Your assignment: Within the material below, transcribe exactly the lines from the one holding "-- second time." through the one holding "(ivshmem_exit w)", keeping both ends and skipping the rest.

Data shown:

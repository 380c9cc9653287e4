-- ===== src/Peers/Reconnect.antt =====
-- Peers that come and go: what the table holds, and what becomes of a freed array.
use qemu_ntb_switch.Prelude.{
  ℕ, zero, suc, ◌+◌, ◌<◌, ◌≡◌, ◌≢◌, refl, arith, false, update, ◌∙◌, ◌∷◌, List,
}
use qemu_ntb_switch.Device.{
  World, ok, fault, allocated, freed, use_after_free, double_free, ◌>>=◌, >>=-ok,
  event_notifier_cleanup, Call,
}
use qemu_ntb_switch.Peers.{
  Kvm, close_peer_eventfds, process_msg_connect, process_msg_disconnect, cleanup_notifiers,
}

-- The calls that the clean-up of the notifiers makes.
pub cleanups : ℕ → ℕ → ℕ → List Call → List Call
cleanups posn i zero cs = cs
cleanups posn i (suc n) cs = cleanups posn (i + 1) n (event_notifier_cleanup posn i ∷ cs)

cleanup_notifiers_lem :
    (posn i n : ℕ) (w : World)
    → cleanup_notifiers posn i n w ≡ ok tt (record w { calls = cleanups posn i n w.calls })
unfolding cleanup_notifiers cleanups
cleanup_notifiers_lem posn i zero w = refl
cleanup_notifiers_lem posn i (suc n) w = cleanup_notifiers_lem posn (i + 1) n _

abbrev pub closed : ℕ → World → World
closed posn w = record w {
  dev = record w.dev {
    peers = update w.dev.peers posn (record { nb_eventfds = 0; eventfds = freed });
  };
  calls = cleanups posn 0 (w.dev.peers posn).nb_eventfds w.calls;
}

pub close_peer_eventfds_lem :
    (posn n : ℕ) (w : World)
    → posn < w.dev.nb_peers
    → (w.dev.peers posn).eventfds ≡ allocated n
    → close_peer_eventfds posn w ≡ ok tt (closed posn w)
unfolding close_peer_eventfds
close_peer_eventfds_lem posn n w lt e =
    ground (arith, cleanup_notifiers_lem posn 0 (w.dev.peers posn).nb_eventfds w)

pub double_close :
    (posn : ℕ) (w : World)
    → posn < w.dev.nb_peers
    → w.dev.peers posn ≡ record { nb_eventfds = 0; eventfds = freed }
    → close_peer_eventfds posn w ≡ fault double_free
unfolding close_peer_eventfds
double_close posn w lt e =
    ground (arith, cleanup_notifiers_lem posn 0 (w.dev.peers posn).nb_eventfds w)

pub disconnect_lem :
    (posn n : ℕ) (w : World)
    → posn < w.dev.nb_peers
    → posn ≢ w.dev.vm_id
    → (w.dev.peers posn).eventfds ≡ allocated n
    → process_msg_disconnect posn w ≡ ok false (closed posn w)
unfolding process_msg_disconnect
disconnect_lem posn n w lt ne e = ground (arith, close_peer_eventfds_lem posn n w)

connect_freed :
    (k : Kvm) (posn fd : ℕ) (w : World)
    → 0 < w.dev.vectors
    → w.dev.peers posn ≡ record { nb_eventfds = 0; eventfds = freed }
    → process_msg_connect k posn fd w ≡ fault use_after_free
unfolding process_msg_connect
connect_freed k posn fd w some_vectors e = ground arith

-- If another client with an allocated array of notifiers disconnects from a device with at
-- least one vector and connects again, its first descriptor is stored into the freed array.
pub process_msg_connect-process_msg_disconnect :
    (k : Kvm) (posn n fd : ℕ) (w : World)
    → posn < w.dev.nb_peers
    → posn ≢ w.dev.vm_id
    → 0 < w.dev.vectors
    → (w.dev.peers posn).eventfds ≡ allocated n
    → (process_msg_disconnect posn >>= λ _. process_msg_connect k posn fd) w ≡ fault use_after_free
process_msg_connect-process_msg_disconnect k posn n fd w lt ne some_vectors e =
    >>=-ok (process_msg_disconnect posn) (λ _. process_msg_connect k posn fd) w (closed posn w)
      false (disconnect_lem posn n w lt ne e)
    ∙ connect_freed k posn fd (closed posn w) some_vectors (ground arith)
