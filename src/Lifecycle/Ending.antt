-- ===== src/Lifecycle/Ending.antt =====
-- What becomes of the notifiers when the device goes away.
use qemu_ntb_switch.Prelude.{
  ℕ, zero, suc, ◌+◌, ◌≤◌, ◌<◌, ◌≡◌, ◌≢◌, refl, arith, true, false, not, ◌&&◌, ltb, ◌==◌,
  if◌then◌else◌, ap, ◌∙◌, inl, inr, Bool-cases,
}
use qemu_ntb_switch.Device.{
  World, fault, Peer, allocated, freed, double_free, ◌>>=◌, >>=-ok, >>=-fault, Ensures,
  Ensures-weaken,
}
use qemu_ntb_switch.Peers.{close_peer_eventfds, process_msg_disconnect}
use qemu_ntb_switch.Peers.Members.{Sized}
use qemu_ntb_switch.Peers.Reconnect.{closed, close_peer_eventfds_lem, double_close, disconnect_lem}
use qemu_ntb_switch.Lifecycle.{close_peers, ivshmem_exit}

abbrev pub closed_peer : Peer
closed_peer = record { nb_eventfds = 0; eventfds = freed }

-- Of the peers from `i` on, all but the one at `posn` still have their arrays.
abbrev Unclosed : ℕ → ℕ → World → Type 0
Unclosed i posn w =
    (j : ℕ)
    → i ≤ j
    → j < w.dev.nb_peers
    → j ≢ posn
    → (w.dev.peers j).eventfds ≡ allocated w.dev.vectors

Unclosed-closed : (i posn : ℕ) (w : World) → Unclosed i posn w → Unclosed (i + 1) posn (closed i w)
Unclosed-closed i posn w u j le lt ne =
    let later : (i == j) ≡ false = ground arith in rw later (u j (omega arith) lt ne)

-- Closing up to a peer whose array is freed already.
close_peers-double :
    (n i posn : ℕ) (w : World)
    → i ≤ posn
    → posn < i + n
    → i + n ≤ w.dev.nb_peers
    → Unclosed i posn w
    → w.dev.peers posn ≡ closed_peer
    → close_peers i n w ≡ fault double_free
unfolding close_peers
close_peers-double zero i posn w le lt fits u e = absurd (omega arith)
close_peers-double (suc n) i posn w le lt fits u e = elim (Bool-cases (i == posn)) [
  | inl here ↦
      let at : i ≡ posn = ground arith in
      >>=-fault (close_peer_eventfds i) (λ _. close_peers (i + 1) n) w double_free
        (double_close i w (omega arith) (ap w.dev.peers at ∙ e))
  | inr later ↦
      let ne : i ≢ posn = ground arith in
      >>=-ok (close_peer_eventfds i) (λ _. close_peers (i + 1) n) w (closed i w) tt
        (close_peer_eventfds_lem i w.dev.vectors w (omega arith)
          (u i (omega arith) (omega arith) ne))
      ∙ close_peers-double n (i + 1) posn (closed i w) (ground arith) (omega arith) (omega arith)
          (Unclosed-closed i posn w u) (rw later e)
]

-- If every peer has an array of the device's vectors and has sent no more notifiers than that,
-- and another client of the table disconnects, the device's end frees that client's array a
-- second time.
pub ivshmem_exit-process_msg_disconnect :
    (posn : ℕ) (w : World)
    → Sized w.dev
    → posn < w.dev.nb_peers
    → posn ≢ w.dev.vm_id
    → (process_msg_disconnect posn >>= λ _. ivshmem_exit) w ≡ fault double_free
unfolding ivshmem_exit
ivshmem_exit-process_msg_disconnect posn w sized lt ne =
    >>=-ok (process_msg_disconnect posn) (λ _. ivshmem_exit) w (closed posn w) false
      (disconnect_lem posn w.dev.vectors w lt ne (sized posn lt).0)
    ∙ close_peers-double w.dev.nb_peers 0 posn _ (omega arith) (omega arith) (omega arith)
        (λ j le below differs.
          let other : (posn == j) ≡ false = ground arith in rw other (sized j below).0)
        (let same : (posn == posn) ≡ true = ground arith in rw same refl)

closed_from :
    (n i j : ℕ) (w : World)
    → (if not (ltb j (i + 1)) && ltb j (i + 1 + n) then closed_peer else (closed i w).dev.peers j)
      ≡ (if not (ltb j i) && ltb j (i + suc n) then closed_peer else w.dev.peers j)
closed_from n i j w = ground arith

close_peers-closed :
    (n i j : ℕ) (w : World)
    → i + n ≤ w.dev.nb_peers
    → ((l : ℕ) → i ≤ l → l < w.dev.nb_peers → (w.dev.peers l).eventfds ≡ allocated w.dev.vectors)
    → Ensures (close_peers i n w) (λ _ w'.
      w'.dev.peers j ≡ (if not (ltb j i) && ltb j (i + n) then closed_peer else w.dev.peers j))
unfolding close_peers close_peer_eventfds
close_peers-closed zero i j w fits u = ground arith
close_peers-closed (suc n) i j w fits u =
    rw (close_peer_eventfds_lem i w.dev.vectors w (omega arith) (u i (omega arith) (omega arith))) (
      Ensures-weaken (close_peers (i + 1) n (closed i w)) _ _
        (close_peers-closed n (i + 1) j (closed i w) (omega arith) (λ l le lt.
          let later : (i == l) ≡ false = ground arith in rw later (u l (omega arith) lt)))
        (λ _ w' e. e ∙ closed_from n i j w))

-- If every peer has an array of the device's vectors and has sent no more notifiers than that,
-- the device's end runs without a fault and frees the array of each peer of the table, and of
-- no other.
pub ivshmem_exit-closes :
    (j : ℕ) (w : World)
    → Sized w.dev
    → Ensures
        (ivshmem_exit w)
        (λ _ w'. w'.dev.peers j ≡ (if ltb j w.dev.nb_peers then closed_peer else w.dev.peers j))
unfolding ivshmem_exit
ivshmem_exit-closes j w sized =
    Ensures-weaken (close_peers 0 w.dev.nb_peers _) _ _
      (close_peers-closed w.dev.nb_peers 0 j _ (omega arith) (λ l le lt. (sized l lt).0))
      (λ _ w' e. e ∙ (ground arith))
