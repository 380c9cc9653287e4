-- ===== src/Message/Refusal.antt =====
-- Whether the writer of a refused message hears of it.
use qemu_ntb_switch.Prelude.{
  ℕ, ◌+◌, ◌<◌, ◌≡◌, true, false, some, ◌∷◌, ap, ◌∙◌, bit_or, complement, if◌then◌else◌, test_bit,
  zero-bit_and,
}
use qemu_ntb_switch.Notify.{idt_ntintsts_msg}
use qemu_ntb_switch.Shm.{Slot, other}
use qemu_ntb_switch.Device.{World, ok, msi_notify}
use qemu_ntb_switch.Message.{write_outbound_msg, outmsgsts}
use qemu_ntb_switch.Message.Mailbox.{regs_of, set_regs}
use qemu_ntb_switch.Message.Posting.{write_full, refuse_lem, complains, rejected}

silent : (p : Slot) (k : ℕ) (w : World) → (regs_of p w).msgsts_mask ≡ 0 → complains p k w ≡ false
silent p k w e = rw (e, zero-bit_and (complement 32 (outmsgsts k)))

-- On a connected device with no message interrupt masked, a message that is refused because the
-- register is full leaves the error status in the writer's registers and does nothing else: no
-- interrupt is raised and no notification is sent.
pub write_outbound_msg-silent :
    (p : Slot) (k v : ℕ) (w : World)
    → k < 4
    → w.dev.slot ≡ some p
    → test_bit (16 + k) (regs_of (other p) w).msgsts ≡ true
    → (regs_of p w).msgsts_mask ≡ 0
    → write_outbound_msg k v w
      ≡ ok tt (set_regs p (rejected k (regs_of p w).intsts (regs_of p w)) w)
write_outbound_msg-silent p k v w lt e full open_mask =
    write_full p k v w lt e full
    ∙ refuse_lem p k w e
    ∙ ap
        (λ b.
          ok tt
            (record (set_regs p
              (rejected k
                (if b then bit_or (regs_of p w).intsts idt_ntintsts_msg else (regs_of p w).intsts)
                (regs_of p w))
              w) { calls = if b then msi_notify 0 ∷ w.calls else w.calls }))
        (silent p k w open_mask)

Output for this exercise:
-- second time.
pub ivshmem_exit-process_msg_disconnect :
    (posn : ℕ) (w : World)
    → Sized w.dev
    → posn < w.dev.nb_peers
    → posn ≢ w.dev.vm_id
    → (process_msg_disconnect posn >>= λ _. ivshmem_exit) w ≡ fault double_free
unfolding ivshmem_exit
ivshmem_exit-process_msg_disconnect posn w sized lt ne =
    >>=-ok (process_msg_disconnect posn) (λ _. ivshmem_exit) w (closed posn w) false
      (disconnect_lem posn w.dev.vectors w lt ne (sized posn lt).0)
    ∙ close_peers-double w.dev.nb_peers 0 posn _ (omega arith) (omega arith) (omega arith)
        (λ j le below differs.
          let other : (posn == j) ≡ false = ground arith in rw other (sized j below).0)
        (let same : (posn == posn) ≡ true = ground arith in rw same refl)

closed_from :
    (n i j : ℕ) (w : World)
    → (if not (ltb j (i + 1)) && ltb j (i + 1 + n) then closed_peer else (closed i w).dev.peers j)
      ≡ (if not (ltb j i) && ltb j (i + suc n) then closed_peer else w.dev.peers j)
closed_from n i j w = ground arith

close_peers-closed :
    (n i j : ℕ) (w : World)
    → i + n ≤ w.dev.nb_peers
    → ((l : ℕ) → i ≤ l → l < w.dev.nb_peers → (w.dev.peers l).eventfds ≡ allocated w.dev.vectors)
    → Ensures (close_peers i n w) (λ _ w'.
      w'.dev.peers j ≡ (if not (ltb j i) && ltb j (i + n) then closed_peer else w.dev.peers j))
unfolding close_peers close_peer_eventfds
close_peers-closed zero i j w fits u = ground arith
close_peers-closed (suc n) i j w fits u =
    rw (close_peer_eventfds_lem i w.dev.vectors w (omega arith) (u i (omega arith) (omega arith))) (
      Ensures-weaken (close_peers (i + 1) n (closed i w)) _ _
        (close_peers-closed n (i + 1) j (closed i w) (omega arith) (λ l le lt.
          let later : (i == l) ≡ false = ground arith in rw later (u l (omega arith) lt)))
        (λ _ w' e. e ∙ closed_from n i j w))

-- If every peer has an array of the device's vectors and has sent no more notifiers than that,
-- the device's end runs without a fault and frees the array of each peer of the table, and of
-- no other.
pub ivshmem_exit-closes :
    (j : ℕ) (w : World)
    → Sized w.dev
    → Ensures
        (ivshmem_exit w)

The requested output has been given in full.